Could you copy every line in the listing below that has the word "refl"?
***** Excerpted data *****
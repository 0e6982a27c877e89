-- ===== src/Rlog/Client/Runs.antt =====
-- A client of the remote log that loses its server and starts again.
use simple_rpc.Prelude.{
  All, Bool, ℕ, length, ◌<◌, arith, ◌≡◌, refl, true, false, List, [], ◌∷◌, some, none,
}
use simple_rpc.Prelude.Fault.{Gives}
use simple_rpc.Rlog.Client.{Formatted, log_v, at_start}
use simple_rpc.Rlog.Client.Request.{log, qps}
use simple_rpc.Rlog.Client.Sent.{Call, IsFormatted, Ran, run, requests, is_local, run-Ran}
use simple_rpc.Rlog.Client.Sent.Call.{start, line, rate}

abbrev begin : Call
begin = start none none (some "server:1") none "host(pid=1)" (λ addr. true)

abbrev made : List ℕ → Formatted
made text = record { first = some text; second = none }

-- The third line and the two calls behind it stay local.
abbrev calls : List Call
calls =
    begin
    ∷ line 3 (made (b'a' ∷ [])) true
    ∷ rate "calls" 5 true
    ∷ line 3 (made (b'b' ∷ [])) false
    ∷ line 3 (made (b'c' ∷ [])) true
    ∷ rate "calls" 6 true
    ∷ begin
    ∷ line 3 (made (b'd' ∷ [])) true
    ∷ []

short :
    (text : List ℕ) (level : ℕ) (taken : Bool)
    → length text < 8191
    → IsFormatted (line level (made text) taken)
short text level taken h = (refl, λ long. absurd (omega arith))

formed : All IsFormatted calls
formed = (
  tt,
  (
    short _ 3 true (omega arith),
    (
      tt,
      (
        short _ 3 false (omega arith),
        (short _ 3 true (omega arith), (tt, (tt, (short _ 3 true (omega arith), tt)))),
      ),
    ),
  ),
)

run-Ran_example : Gives (Ran calls none) (run calls at_start)
run-Ran_example = run-Ran calls at_start none formed (is_local false 0 0 (λ e. cc))

sent :
    requests calls none
    ≡ log 3 "host(pid=1)" 0 (b'a' ∷ []) ∷ qps "calls" 5 ∷ log 3 "host(pid=1)" 0 (b'd' ∷ []) ∷ []
unfolding requests
sent = refl

-- A failure of `vsnprintf` is a write before the buffer.
failed_write : log_v 3 (record { first = none; second = none }) true at_start ≡ none
unfolding log_v
failed_write = refl
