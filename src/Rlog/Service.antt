-- ===== src/Rlog/Service.antt =====
-- `RLogServiceImpl::log` of rlog/log_service_impl.cc, with `log_piece` of rlog/log_service_impl.h. The maps
-- are functions of the source's name, since `[]` on a missing key puts the default value there: no piece, and
-- 0. A call returns the lines that it prints: the source and the piece.
pub mod Order
pub mod History
mod Runs
use text.Mathlib.Text.{◌==◌ as str_eq}
use Prim.Native.String.{String}
use simple_rpc.Prelude.{
  ℕ, ◌+◌, ◌<◌, Bool, true, false, List, [], ◌∷◌, ◌++◌, if◌then◌else◌, ltb, not,
}
use simple_rpc.Prelude.Int.{ℤ, pos, negsuc, pos_part, neg_part, leb_ℤ, succ_ℤ, max_ℤ}

pub record LogPiece : Type 0 where
  pub msg_id : ℤ
  pub level : ℤ
  pub message : String

-- `std::set<log_piece>::insert`, which compares by `msg_id` and keeps a piece that is there.
unfoldable pub insert : LogPiece → List LogPiece → List LogPiece
insert piece [] = piece ∷ []
insert piece (p ∷ ps) =
    let rest = insert piece ps in
    if not (leb_ℤ p.msg_id piece.msg_id)
    then piece ∷ p ∷ ps
    else if not (leb_ℤ piece.msg_id p.msg_id)
    then p ∷ rest
    else p ∷ ps

-- The loop of `log`: `done`, the buffer and the pieces printed.
unfoldable pub flush : ℤ → List LogPiece → ℤ × List LogPiece × List LogPiece
flush done [] = (done, [], [])
flush done (p ∷ buffer) =
    let (done', buffer', printed) = flush (max_ℤ done p.msg_id) buffer in
    if leb_ℤ p.msg_id (succ_ℤ done) then (done', buffer', p ∷ printed) else (done, p ∷ buffer, [])

abbrev pub Printed : Type 0
Printed = List (String × LogPiece)

-- The lines that are printed for the pieces of a source.
abbrev pub lines : String → List LogPiece → Printed
lines source [] = []
lines source (p ∷ ps) = (source, p) ∷ lines source ps

pub record Service : Type 0 where
  pub done_ : String → ℤ
  pub buffer_ : String → List LogPiece

abbrev pub assign {ℓ} : {V : Type ℓ} → String → V → (String → V) → String → V
assign k v m j = if str_eq j k then v else m j

-- What `log` leaves of the service, and what it prints, once the loop is over.
abbrev pub settle : String → Service → ℤ × List LogPiece × List LogPiece → Service × Printed
settle source s (done, buffer, printed) = (
  record { done_ = assign source done s.done_; buffer_ = assign source buffer s.buffer_ },
  lines source printed,
)

unfoldable pub log : ℤ → String → ℤ → String → Service → Service × Printed
log level source msg_id message s =
    let piece : LogPiece = record { msg_id = msg_id; level = level; message = message } in
    settle source s (flush (s.done_ source) (insert piece (s.buffer_ source)))

-- `done_` and `buffer_` of a new service.
abbrev pub fresh : Service
fresh = record { done_ = λ _. pos 0; buffer_ = λ _. [] }
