-- ===== src/Rlog/Qps.antt =====
-- `RLogServiceImpl::aggregate_qps` of rlog/log_service_impl.cc, with `agg_qps_record` of rlog/log_service_impl.h.
-- The times, which the code has as a double of seconds, are whole microseconds, without the rounding of a double,
-- and a test on the difference of two times is one on sums. A call returns what it prints: the intervals in seconds, each with its increment, which the
-- code divides by the interval when it prints it.
pub mod Recent
pub mod Order
mod Runs
use Prim.Native.String.{String}
use simple_rpc.Prelude.{
  ℕ, ◌+◌, ◌-◌, ◌*◌, Bool, true, false, ◌&&◌, List, [], ◌∷◌, ◌++◌, if◌then◌else◌, ltb, leb, Option,
  some, none,
}
use simple_rpc.Prelude.Fault.{◌>>=◌}
use simple_rpc.Prelude.Int.{ℤ, pos, negsuc, pos_part, neg_part, leb_ℤ}
use simple_rpc.Rlog.Service.{assign}

infixl 6 ◌+ℤ◌ ◌-ℤ◌
-- The difference of two natural numbers.
abbrev pub difference : ℕ → ℕ → ℤ
difference a b = if leb b a then pos (a - b) else negsuc (b - a - 1)

abbrev pub ◌+ℤ◌ : ℤ → ℤ → ℤ
a +ℤ b = difference (pos_part a + pos_part b) (neg_part a + neg_part b)

abbrev pub ◌-ℤ◌ : ℤ → ℤ → ℤ
a -ℤ b = difference (pos_part a + neg_part b) (neg_part a + pos_part b)

abbrev pub second : ℕ
second = 1000000

pub record AggQpsRecord : Type 0 where
  pub agg_count : ℤ
  pub tm : ℕ

pub record Qps : Type 0 where
  pub agg_qps_ : String → List AggQpsRecord
  pub last_qps_tm_ : String → ℕ
  pub qps_interval_ : ℕ

-- The count of the new record: `records.back()` has the old one.
unfoldable pub counted : ℤ → List AggQpsRecord → ℤ
counted incr [] = incr
counted incr (r ∷ []) = r.agg_count +ℤ incr
counted incr (r ∷ s ∷ records) = counted incr (s ∷ records)

-- The loop that erases from the front; `front` of an empty list is a fault.
unfoldable pub drop_old : ℕ → List AggQpsRecord → Option (List AggQpsRecord)
drop_old now [] = none
drop_old now (r ∷ records) =
    let rest = drop_old now records in
    if ltb (r.tm + 300 * second) now then rest else some (r ∷ records)

-- The loop from the last record to the first: `increment`, and whether no `break` has been met.
unfoldable pub look_back : ℕ → ℕ → ℤ → List AggQpsRecord → ℤ × Bool
look_back now interval newest [] = (negsuc 0, true)
look_back now interval newest (it ∷ later) =
    let (increment, going) = look_back now interval newest later in
    if going && ltb now (it.tm + interval * second)
    then (newest -ℤ it.agg_count, true)
    else (increment, false)

unfoldable pub report : ℕ → ℤ → List AggQpsRecord → List ℕ → List (ℕ × ℤ)
report now newest records [] = []
report now newest records (interval ∷ intervals) =
    let increment = (look_back now interval newest records).0 in
    let rest = report now newest records intervals in
    if leb_ℤ (pos 1) increment then (interval, increment) ∷ rest else rest

abbrev pub report_intervals : List ℕ
report_intervals = 1 ∷ 5 ∷ 15 ∷ 30 ∷ 60 ∷ []

-- The end of `aggregate_qps`, from the test for the time of the next report on.
abbrev pub reported : ℕ → String → ℤ → List AggQpsRecord → Qps → Qps × List (ℕ × ℤ)
reported now metric newest records s =
    let kept : Qps = record s { agg_qps_ = assign metric records s.agg_qps_ } in
    if leb (s.last_qps_tm_ metric + s.qps_interval_) now
    then (
      record kept { last_qps_tm_ = assign metric now s.last_qps_tm_ },
      report now newest records report_intervals,
    )
    else (kept, [])

unfoldable pub aggregate_qps : ℕ → String → ℤ → Qps → Option (Qps × List (ℕ × ℤ))
aggregate_qps now metric incr s = do
  let agg_count = counted incr (s.agg_qps_ metric)
  let new_rec : AggQpsRecord = record { agg_count = agg_count; tm = now }
  records ← drop_old now (s.agg_qps_ metric ++ (new_rec ∷ []))
  some (reported now metric agg_count records s)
*****
• [Response]:
  All, Bool, ℕ, length, ◌<◌, arith, ◌≡◌, refl, true, false, List, [], ◌∷◌, some, none,
short text level taken h = (refl, λ long. absurd (omega arith))
sent = refl
failed_write = refl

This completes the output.